It is disappointing that Mr. Beraskow is allowing his personal point of view to take priority over CIRA’s mission.

CIRA is committed to transparency, and we hope you are able to join us at the AGM on September 23, where we always encourage and welcome open discussions.

Sincerely,

CIRA


----------



## MapleDots__ (Sep 20, 2021)

Those are some key details that have been left out.

Personally I believe in the election process so I did not sign the petition, and that was before Cira sent out the email.

It does bear more research but I think getting deeper involved with Cira to understand the process would be a better use of time.


----------



## theinvestor__ (Sep 20, 2021)

Honestly I’m not really sure why CIRA was compelled to respond to this. This is not the first time Alex has sent emails to CIRA members and to claim that he was not disclosing how he got the list to members is petty. It just seems odd they are trying to defend every single point. Why not save it for court? 

He’s disclosed in the past how he got the members list: 

“FYI, I obtained your email address from CIRA. CIRA is obligated to provide your contact information in accordance with section 23 of the Canada Not-for-profit Corporations Act as long as it deals with matters relating to the affairs of CIRA. If you have any questions about this, please contact info@cira.ca. You can also contact me directly alex@beraskow.ca. “


----------



## MapleDots__ (Sep 20, 2021)

Here is a corrected petition link from post #1


Change.org

https://www.change.org/p/cira-membe...5-4745-a2aa-6a374eb9e362?recruiter=1225128096


Again, I have NOT signed this petition and at this point I put my faith behind the election process.


----------



## LovelyLynda__ (Sep 20, 2021)

Gosh, this could all end fast, disclose the compensation and the whole issue goes away.
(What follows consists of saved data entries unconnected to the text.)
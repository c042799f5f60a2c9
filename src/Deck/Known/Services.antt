-- ===== src/Deck/Known/Services.antt =====
-- Each round of the services (src/server/Shipdeck.cpp) leaves the ship deck knowing a client as before, if
-- the client is known whenever a name leads to it.
use pirate_servers.Base.{String, ◌≡◌, refl, sym, ap, subst, ◌∙◌, List, [], ◌∷◌, Option, none, some}
use pirate_servers.Base.Map.{index, index-touch, touch}
use pirate_servers.Base.Outcome.{ok, ok_injective, bind-eq-ok}
use pirate_servers.Wire.{Message}
use pirate_servers.Defines.{ClientId}
use pirate_servers.Deck.{Deck, Sent, touch_client}
use pirate_servers.Deck.Keeps.{Gives, keeps_rules}
use pirate_servers.Deck.Services.{
  add_registered, register, forward, handle_services_cabins_input, handle_services_ships_input,
}
use pirate_servers.Deck.Threads.{ready}
use pirate_servers.Deck.Workers.{services_listener_step, services_cabins_step, services_ships_step}
use pirate_servers.Deck.Known.{IsSteady, KnownIf, still-IsSteady, touch-IsSteady}

module _ (c_id : ClientId) (d : Deck)
    (ids : (name : String) → KnownIf c_id (index name "" d.crew_name_to_id) d) where
  abbrev Steady : Deck → List Sent → Type 0
  Steady d' out = IsSteady c_id d d'

  registered-IsSteady :
      (reply : Message) (d' : Deck) → add_registered reply d ≡ ok d' → IsSteady c_id d d'
  unfolding add_registered
  registered-IsSteady [] d' e = cc
  registered-IsSteady (g ∷ []) d' e = cc
  registered-IsSteady (g ∷ t ∷ []) d' e = cc
  registered-IsSteady (g ∷ t ∷ desc ∷ rest) d' e =
      subst (IsSteady c_id d) (ok_injective e) (record { keys = refl; ids = λ name e. e })

  forwarded-IsSteady :
      (name : String)
      → IsSteady c_id d (
          touch_client
            (index name "" d.crew_name_to_id)
            (record d { crew_name_to_id = touch name "" d.crew_name_to_id }))
  forwarded-IsSteady name =
      let looked_up = touch-IsSteady c_id (index name "" d.crew_name_to_id) d (ids name) in
      record {
        keys = looked_up.keys;
        ids = λ other e. sym (index-touch name other "" d.crew_name_to_id) ∙ e;
      }

  register-Steady : (input : Message) (next : Option Message) → Gives Steady (register input next d)
  unfolding register
  register-Steady input none = search (keeps_rules, still-IsSteady c_id) depth 20
  register-Steady input (some reply) =
      search (keeps_rules, still-IsSteady c_id, registered-IsSteady) depth 20

  forward-Steady : (input : Message) → Gives Steady (forward input d)
  unfolding forward
  forward-Steady input = search (keeps_rules, forwarded-IsSteady) depth 25

  cabins-Steady :
      (input : Message) (next : Option Message)
      → Gives Steady (handle_services_cabins_input input next d)
  unfolding handle_services_cabins_input
  cabins-Steady input next =
      search (keeps_rules, register-Steady, forward-Steady, still-IsSteady c_id) depth 25

  cabins_step-IsSteady :
      (cabins info_reply : Option Message) (r : Message × Deck × List Sent)
      → services_cabins_step cabins info_reply d ≡ ok r
      → IsSteady c_id d r.1
  unfolding services_cabins_step
  cabins_step-IsSteady none info_reply r e =
      subst (λ (x : Message × Deck × List Sent). IsSteady c_id d x.1) (ok_injective e)
        (still-IsSteady c_id d)
  cabins_step-IsSteady (some reqs) info_reply r e =
      let (x, returned, last) = bind-eq-ok (handle_services_cabins_input reqs info_reply d) _ e in
      subst (λ (y : Message × Deck × List Sent). IsSteady c_id d y.1) (ok_injective last)
        ((cabins-Steady reqs info_reply).at x.0 x.1 returned)

  ships_step-same :
      (reqs : Message) (ships : Option Message) (d1 d' : Deck) (out : List Sent)
      → services_ships_step reqs ships d1 ≡ ok (d', out)
      → d1 ≡ d'
  unfolding services_ships_step handle_services_ships_input
  ships_step-same reqs none d1 d' out e = ap (λ x. x.0) (ok_injective e)
  ships_step-same reqs (some m) d1 d' out e = ap (λ x. x.0) (ok_injective e)

  pub services-IsSteady :
      (cabins info_reply ships : Option Message) (d' : Deck) (out : List Sent)
      → services_listener_step (ready cabins info_reply ships) d ≡ ok (d', out)
      → IsSteady c_id d d'
  unfolding services_listener_step
  services-IsSteady cabins info_reply ships d' out e =
      let (first, e1, later) = bind-eq-ok (services_cabins_step cabins info_reply d) _ e in
      let (second, e2, last) = bind-eq-ok (services_ships_step first.0 ships first.1) _ later in
      subst (IsSteady c_id d)
        (ships_step-same first.0 ships first.1 second.0 second.1 e2
          ∙ ap (λ x. x.0) (ok_injective last))
        (cabins_step-IsSteady cabins info_reply first e1)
As a public company it's probably best to be transparent anyways.


----------



## silentg__ (Sep 20, 2021)

Alex has access to .ca domain registrant details?


----------



## MapleDots__ (Sep 20, 2021)

silentg said:
			
		

> Alex has access to .ca domain registrant details?



I think HAD is probably the correct term.

I think he was part of CIRA at one time.


----------



## MapleDots__ (Sep 20, 2021)

Do you want to be involved?

Click the image to participate


----------



## theinvestor__ (Sep 20, 2021)

If CIRA is asked they have to release that info as far as I understand. Maybe [notify]FM[/notify] knows more about this? 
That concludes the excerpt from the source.